Stored data:
+--
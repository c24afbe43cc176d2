-- ===== src/Copy/Laws.antt =====
-- What the task `copy` accepts, and where it puts a directory.
use sophons.Base.{
  String, ◌≡◌, ◌≢◌, ◌↔◌, ◌⊎◌, refl, ap, true, false, Bool-cases, inl, inr, arith, eq_iff,
}
use sophons.Base.Action.{ok}
use sophons.Os.{Os}
use sophons.Copy.{Copy, Paths, has_slash, validate, dst_dir, src_path}

module _ (os : Os) (paths : Paths os.World) where
  -- A task `copy` is accepted exactly when it has a destination, and either a source, which is
  -- relative unless `remote_src` is set, or a content with a destination that is no directory.
  pub copy-validate_iff :
      (c : Copy)
      → paths.is_abs "" ≡ false
      → (validate os paths c ≡ ok tt)
        ↔ (c.dest ≢ "")
          × (((c.src ≢ "")
                × (c.content ≡ "")
                × ((paths.is_abs c.src ≡ false) ⊎ (c.remote_src ≡ true)))
              ⊎ ((c.src ≡ "") × (c.content ≢ "") × (has_slash c.dest ≡ false)))
  unfolding validate
  copy-validate_iff c relative =
      ground (arith, eq_iff c.src "", eq_iff c.content "", eq_iff c.dest "", ap paths.is_abs)

  -- A directory is always copied under its own name: a `src` that ends in a slash does not make the
  -- task copy the contents only, since filepath.Join, which makes the path of the source, leaves no
  -- slash at the end of a path other than the root.
  pub copied_under_name :
      (c : Copy) (parent : String)
      → ((a b : String) → has_slash (paths.join a b) ≡ true → paths.join a b ≡ "/")
      → src_path os paths c parent ≢ "/"
      → dst_dir os paths c (src_path os paths c parent) ≡ paths.join c.dest (paths.base c.src)
  unfolding dst_dir
  copied_under_name c parent cleaned not_root =
      elim (Bool-cases (has_slash (src_path os paths c parent))) [
        | inl h ↦ absurd (not_root (cleaned (paths.join parent "files") c.src h))
        | inr h ↦ rw h refl
      ]
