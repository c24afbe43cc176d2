-- ===== src/Dialer/Laws.antt =====
-- pkg/dialer/dialer.go: which executer is copied to a host.
use sophons.Base.{
  ℕ, arith, ◌≡◌, ◌⊎◌, inl, inr, refl, sym, ap, true, false, Bool-cases, none, some, List, [], ◌∷◌,
  ◌++◌, ==_iff, not, ◌&&◌, ◌||◌,
}
use mathlib.Core.Bool.{true≢false}
use sophons.Base.Text.{codes, trim_space}
use sophons.Base.Action.{ok, bind-ok, err≢ok, ok-injective, ◌>>=◌}
use sophons.Dialer.{
  Connection, Names, Output, text_eq, is_text, run_command, bin_name_for, no_error, name_for_arch,
  of_arch, of_os, executer_bin_name,
}

text_eq_sound : (s t : List ℕ) → text_eq s t ≡ true → s ≡ t
unfolding text_eq
text_eq_sound [] [] h = refl
text_eq_sound [] (b ∷ t) h = cc
text_eq_sound (a ∷ s) [] h = cc
text_eq_sound (a ∷ s) (b ∷ t) h = ground (arith, ==_iff a b, text_eq_sound s t)

abbrev pub IsLinux : List ℕ → Type 0
IsLinux name = (name ≡ codes "executer-linux-x86_64") ⊎ (name ≡ codes "executer-linux-arm64")

abbrev pub IsDarwin : List ℕ → Type 0
IsDarwin name = (name ≡ codes "executer-darwin-x86_64") ⊎ (name ≡ codes "executer-darwin-arm64")

-- The names of the executers, and the empty one.
abbrev pub KnownName : List ℕ → Type 0
KnownName name = (name ≡ []) ⊎ IsLinux name ⊎ IsDarwin name

-- A name for an operating system, with either architecture.
bin_name_for-cases :
    (os arch name : List ℕ)
    → bin_name_for os arch ≡ ok name
    → (name ≡ codes "executer-" ++ os ++ codes "-x86_64")
      ⊎ (name ≡ codes "executer-" ++ os ++ codes "-arm64")
unfolding bin_name_for
bin_name_for-cases os arch name h =
    elim (Bool-cases (is_text arch "amd64" || is_text arch "x86_64")) [
      | inl intel ↦ inl (sym (ok-injective (rw intel at h)))
      | inr rest ↦ elim (Bool-cases (is_text arch "arm64" || is_text arch "aarch64")) [
        | inl arm ↦ inr (sym (ok-injective (rw (rest, arm) at h)))
        | inr unknown ↦ absurd (err≢ok (rw (rest, unknown) at h))
      ]
    ]

of_arch-KnownName :
    (os name : List ℕ) (a : Output)
    → (os ≡ codes "linux") ⊎ (os ≡ codes "darwin")
    → of_arch os a ≡ ok name
    → KnownName name
of_arch-KnownName os name (a, some e) system h = inl (sym (ok-injective h))
of_arch-KnownName os name (a, none) (inl linux) h =
    inr (inl (bin_name_for-cases (codes "linux") _ name (rw linux at h)))
of_arch-KnownName os name (a, none) (inr darwin) h =
    inr (inr (bin_name_for-cases (codes "darwin") _ name (rw darwin at h)))

is_supported :
    (os : List ℕ)
    → (not (is_text os "linux") && not (is_text os "darwin")) ≡ false
    → (os ≡ codes "linux") ⊎ (os ≡ codes "darwin")
is_supported os h = elim (Bool-cases (is_text os "linux")) [
  | inl e ↦ inl (text_eq_sound os (codes "linux") e)
  | inr e ↦ elim (Bool-cases (is_text os "darwin")) [
    | inl e' ↦ inr (text_eq_sound os (codes "darwin") e')
    | inr e' ↦ absurd (true≢false (rw (e, e') at h))
  ]
]

module _ {W : Type 0} (conn : Connection W) (names : Names) where
  name_for_arch-KnownName :
      (os name : List ℕ) (w w' : W) → name_for_arch conn names os w ≡ (ok name, w') → KnownName name
  unfolding name_for_arch ◌>>=◌
  name_for_arch-KnownName os name w w' h =
      elim (Bool-cases (not (is_text os "linux") && not (is_text os "darwin"))) [
        | inl other ↦ absurd (err≢ok (ap (λ p. p.0) (rw other at h)))
        | inr known ↦
            let (a, e, h') =
              bind-ok (no_error (run_command conn names (codes "uname -m"))) _ w (rw known at h) in
            of_arch-KnownName os name a (is_supported os known) (ap (λ p. p.0) h')
      ]

  of_os-KnownName :
      (o : Output) (name : List ℕ) (w w' : W)
      → of_os conn names o w ≡ (ok name, w')
      → KnownName name
  unfolding ◌>>=◌
  of_os-KnownName (o, some e) name w w' h = inl (sym (ok-injective (ap (λ p. p.0) h)))
  of_os-KnownName (o, none) name w w' h =
      name_for_arch-KnownName (names.to_lower (trim_space o)) name w w' h

  -- Where executerBinName returns a name, it is that of the executer for Linux or macOS and one of
  -- the two architectures, or it is empty.
  pub executer_bin_name-KnownName :
      (name : List ℕ) (w w' : W) → executer_bin_name conn names w ≡ (ok name, w') → KnownName name
  unfolding executer_bin_name
  executer_bin_name-KnownName name w w' h =
      let (o, e, h') = bind-ok (no_error (run_command conn names (codes "uname -s"))) _ w h in
      of_os-KnownName o name _ w' h'
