-- ===== src/Dialer/Main.antt =====
-- cmd/dialer/main.go: the configuration of SSH, and the loop over the hosts.
use sophons.Base.{ℕ, Bool, Option, none, some, List, [], ◌∷◌, is_empty, if◌then◌else◌}
use sophons.Base.Action.{
  Error, message, Outcome, ok, err, panic, Action, and_then, wrap, wrapping, raise, read, each,
  ◌>>=◌, ◌>>◌,
}
use sophons.Dialer.{Connection, Names, execute}

-- golang.org/x/crypto/ssh and knownhosts: the signer of a key, and what checks the keys of hosts.
pub record Ssh (W Signer Callback : Type 0) : Type 0 where
  pub read_file : List ℕ → W → Outcome (List ℕ)
  pub parse_private_key : List ℕ → Outcome Signer
  pub known_hosts : List ℕ → W → Outcome Callback
  pub ignore_host_key : Callback

-- The fields of ssh.ClientConfig that differ from run to run.
pub record Config (Signer Callback : Type 0) : Type 0 where
  pub user : List ℕ
  pub signer : Signer
  pub host_key_callback : Callback

-- The flags.
pub record Flags : Type 0 where
  pub username : List ℕ
  pub key_path : List ℕ
  pub inventory_path : List ℕ
  pub bin_dir : List ℕ
  pub known_hosts_path : List ℕ
  pub insecure : Bool

module _ {W Signer Callback : Type 0} (ssh : Ssh W Signer Callback) where
  abbrev pub callback : Flags → W → Outcome Callback
  callback flags w =
      if flags.insecure
      then ok ssh.ignore_host_key
      else wrap "could not create hostkey callback" (ssh.known_hosts flags.known_hosts_path w)

  unfoldable pub ssh_config : Flags → W → Outcome (Config Signer Callback)
  ssh_config flags w =
      and_then (wrap "failed reading private key" (ssh.read_file flags.key_path w)) λ key.
        and_then (wrap "failed parsing private key" (ssh.parse_private_key key)) λ signer.
          and_then (callback flags w) λ check.
            ok (record { user = flags.username; signer = signer; host_key_callback = check })

  -- NewDialer, with the connection that it gives, and Close.
  pub record Dialing : Type 0 where
    pub new_dialer : List ℕ → Config Signer Callback → Action W (Connection W)
    pub close : Connection W → Action W (Unit {0})
    pub print : List ℕ → Action W (Unit {0})

  module _ (names : Names) (dialing : Dialing) where
    abbrev output_of : Outcome (List ℕ × Option Error) → List ℕ
    output_of (ok (out, e)) = out
    output_of (err e) = []
    output_of panic = []

    abbrev result_of : Outcome (List ℕ × Option Error) → Outcome (Unit {0})
    result_of (ok (out, none)) = ok tt
    result_of (ok (out, some e)) = err e
    result_of (err e) = err e
    result_of panic = panic

    abbrev no_panic : Outcome (List ℕ × Option Error) → Outcome (Outcome (List ℕ × Option Error))
    no_panic (ok r) = ok (ok r)
    no_panic (err e) = ok (err e)
    no_panic panic = panic

    abbrev tried : Action W (List ℕ × Option Error) → Action W (Outcome (List ℕ × Option Error))
    tried m w = let (r, w') = m w in (no_panic r, w')

    -- The body of the loop: the output is printed and the connection closed before an error ends it.
    unfoldable pub run_host : Flags → List ℕ → Config Signer Callback → List ℕ → Action W (Unit {0})
    run_host flags playbook config host = do
      conn ← wrapping "failed to create dialer" (dialing.new_dialer host config)
      r ← tried (execute conn names host flags.bin_dir flags.inventory_path playbook)
      dialing.print (output_of r)
      dialing.close conn
      wrapping "running sophons against host failed" (read (λ w. result_of r))

    -- main, with the playbooks of the command line and the hosts of the inventory; logger.Fatal is
    -- an error here.
    unfoldable pub main :
        Flags → List (List ℕ) → (W → Outcome (List (List ℕ))) → Action W (Unit {0})
    unfolding ssh_config run_host each
    main flags (playbook ∷ []) hosts_of =
        if is_empty flags.bin_dir
        then raise (message "`-b` flag is required")
        else if is_empty flags.inventory_path
        then raise (message "`-i` flag is required")
        else (do
          hosts ← read hosts_of
          config ← wrapping "failed to create SSH config" (read (ssh_config flags))
          each (run_host flags playbook config) hosts)
    main flags _ hosts_of = raise (message "missing playbook path")
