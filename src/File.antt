-- ===== src/File.antt =====
-- pkg/exec/file.go: the task `file`, with the states absent, directory, file, hard, link and touch.
pub mod Attributes
pub mod Apply
use sophons.Base.{
  ℕ, String, str_eq, Bool, true, false, not, ◌&&◌, ◌||◌, Option, none, some, List, [],
  if◌then◌else◌,
}
use sophons.Base.Action.{Error, message, Outcome, ok, err}
use sophons.Util.Mode.{ModeArg, text}

abbrev pub file_absent : String
file_absent = "absent"

abbrev pub file_directory : String
file_directory = "directory"

abbrev pub file_file : String
file_file = "file"

abbrev pub file_hard : String
file_hard = "hard"

abbrev pub file_link : String
file_link = "link"

abbrev pub file_touch : String
file_touch = "touch"

-- proto.File: the parameters that the task reads. `mode` is the value of the message Mode, if set.
pub record File : Type 0 where
  pub path : String
  pub state : String
  pub src : String
  pub owner : String
  pub group : String
  pub mode : Option String
  pub recurse : Bool
  pub follow : Option Bool

-- The fields of FileResult, and the variable `changed` of Apply. `mode` holds code points.
pub record FileResult : Type 0 where
  pub dest : String
  pub uid : ℕ
  pub gid : ℕ
  pub owner : String
  pub group : String
  pub mode : List ℕ
  pub path : String
  pub state : String
  pub size : ℕ
  pub changed : Bool

abbrev pub empty_file_result : FileResult
empty_file_result = record {
  dest = "";
  uid = 0;
  gid = 0;
  owner = "";
  group = "";
  mode = [];
  path = "";
  state = "";
  size = 0;
  changed = false;
}

-- f.Mode.GetValue(), as an `any`
abbrev pub mode_value : File → ModeArg
mode_value f = elim f.mode [ none ↦ text "" | some v ↦ text v ]

abbrev pub is_valid_state : String → Bool
is_valid_state s =
    str_eq s file_absent
    || str_eq s file_directory
    || str_eq s file_file
    || str_eq s file_hard
    || str_eq s file_link
    || str_eq s file_touch

unfoldable pub validate : File → Outcome (Unit {0})
validate f =
    if not (is_valid_state f.state)
    then err (message "invalid state")
    else if str_eq f.path ""
    then err (message "path is required")
    else if f.recurse && not (str_eq f.state file_directory)
    then err (message "recurse option requires state to be 'directory'")
    else if (str_eq f.state file_link || str_eq f.state file_hard) && str_eq f.src ""
    then err (message "src option is required when state is 'link' or 'hard'")
    else ok tt
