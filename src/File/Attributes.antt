-- ===== src/File/Attributes.antt =====
-- `needsModeOrOwnershipChange` of pkg/exec/file.go.
pub mod Laws
use sophons.Base.{
  ℕ, ◌%◌, ◌^◌, String, str_eq, Bool, true, not, ◌&&◌, Option, none, some, ◌==◌, if◌then◌else◌,
}
use sophons.Base.Int.{ℤ, is_minus_one, to_uint32}
use sophons.Base.Action.{message, Outcome, ok, err, and_then}
use sophons.Os.{Os, StatT}
use sophons.Util.Mode.{
  ModeArg, absent, text, int, int64, uint64, uint64_ptr, other, parse_octal, new_mode_from_spec,
}

abbrev pub sys_of : Option StatT → Outcome StatT
sys_of none = err (message "couldn't get metadata")
sys_of (some st) = ok st

module _ (os : Os) where
  abbrev text_mode : String → String → Option ℕ → os.World → Outcome ℕ
  text_mode path v (some n) w = ok n
  text_mode path v none w = new_mode_from_spec os (os.dir path) path v w

  -- desiredMode. Where the mode gives none it stays 0.
  unfoldable pub desired_mode : String → ModeArg → os.World → Outcome ℕ
  unfolding new_mode_from_spec
  desired_mode path absent w = ok 0
  desired_mode path (text v) w = if str_eq v "" then ok 0 else text_mode path v (parse_octal v) w
  desired_mode path (int v) w = ok (to_uint32 v)
  desired_mode path (int64 v) w = ok (to_uint32 v)
  desired_mode path (uint64 v) w = ok (v % 2 ^ 32)
  desired_mode path (uint64_ptr none) w = ok 0
  desired_mode path (uint64_ptr (some v)) w = ok (v % 2 ^ 32)
  desired_mode path other w = err (message "unsupported mode type")

  abbrev pub differs : ℕ → ℕ → Bool
  differs desired current = not (desired == 0) && not (current == desired)

  abbrev pub id_differs : ℤ → ℕ → Bool
  id_differs id current = not (is_minus_one id) && not (current == to_uint32 id)

  unfoldable pub needs_change : String → ModeArg → ℤ → ℤ → os.World → Outcome Bool
  unfolding desired_mode
  needs_change path mode uid gid w = and_then (os.lstat path w) λ info.
      and_then (sys_of info.sys) λ st. and_then (desired_mode path mode w) λ desired. ok (
        if differs desired info.perm
        then true
        else if id_differs uid st.uid
        then true
        else id_differs gid st.gid)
+--
YOUR OBJECTIVE: With the line holding "no_panic panic = panic" as the first and the line holding "config ← wrapping" as the last, set down that range of the entries above exactly, and nothing else.

TASK ANSWER:
    no_panic panic = panic

    abbrev tried : Action W (List ℕ × Option Error) → Action W (Outcome (List ℕ × Option Error))
    tried m w = let (r, w') = m w in (no_panic r, w')

    -- The body of the loop: the output is printed and the connection closed before an error ends it.
    unfoldable pub run_host : Flags → List ℕ → Config Signer Callback → List ℕ → Action W (Unit {0})
    run_host flags playbook config host = do
      conn ← wrapping "failed to create dialer" (dialing.new_dialer host config)
      r ← tried (execute conn names host flags.bin_dir flags.inventory_path playbook)
      dialing.print (output_of r)
      dialing.close conn
      wrapping "running sophons against host failed" (read (λ w. result_of r))

    -- main, with the playbooks of the command line and the hosts of the inventory; logger.Fatal is
    -- an error here.
    unfoldable pub main :
        Flags → List (List ℕ) → (W → Outcome (List (List ℕ))) → Action W (Unit {0})
    unfolding ssh_config run_host each
    main flags (playbook ∷ []) hosts_of =
        if is_empty flags.bin_dir
        then raise (message "`-b` flag is required")
        else if is_empty flags.inventory_path
        then raise (message "`-i` flag is required")
        else (do
          hosts ← read hosts_of
          config ← wrapping "failed to create SSH config" (read (ssh_config flags))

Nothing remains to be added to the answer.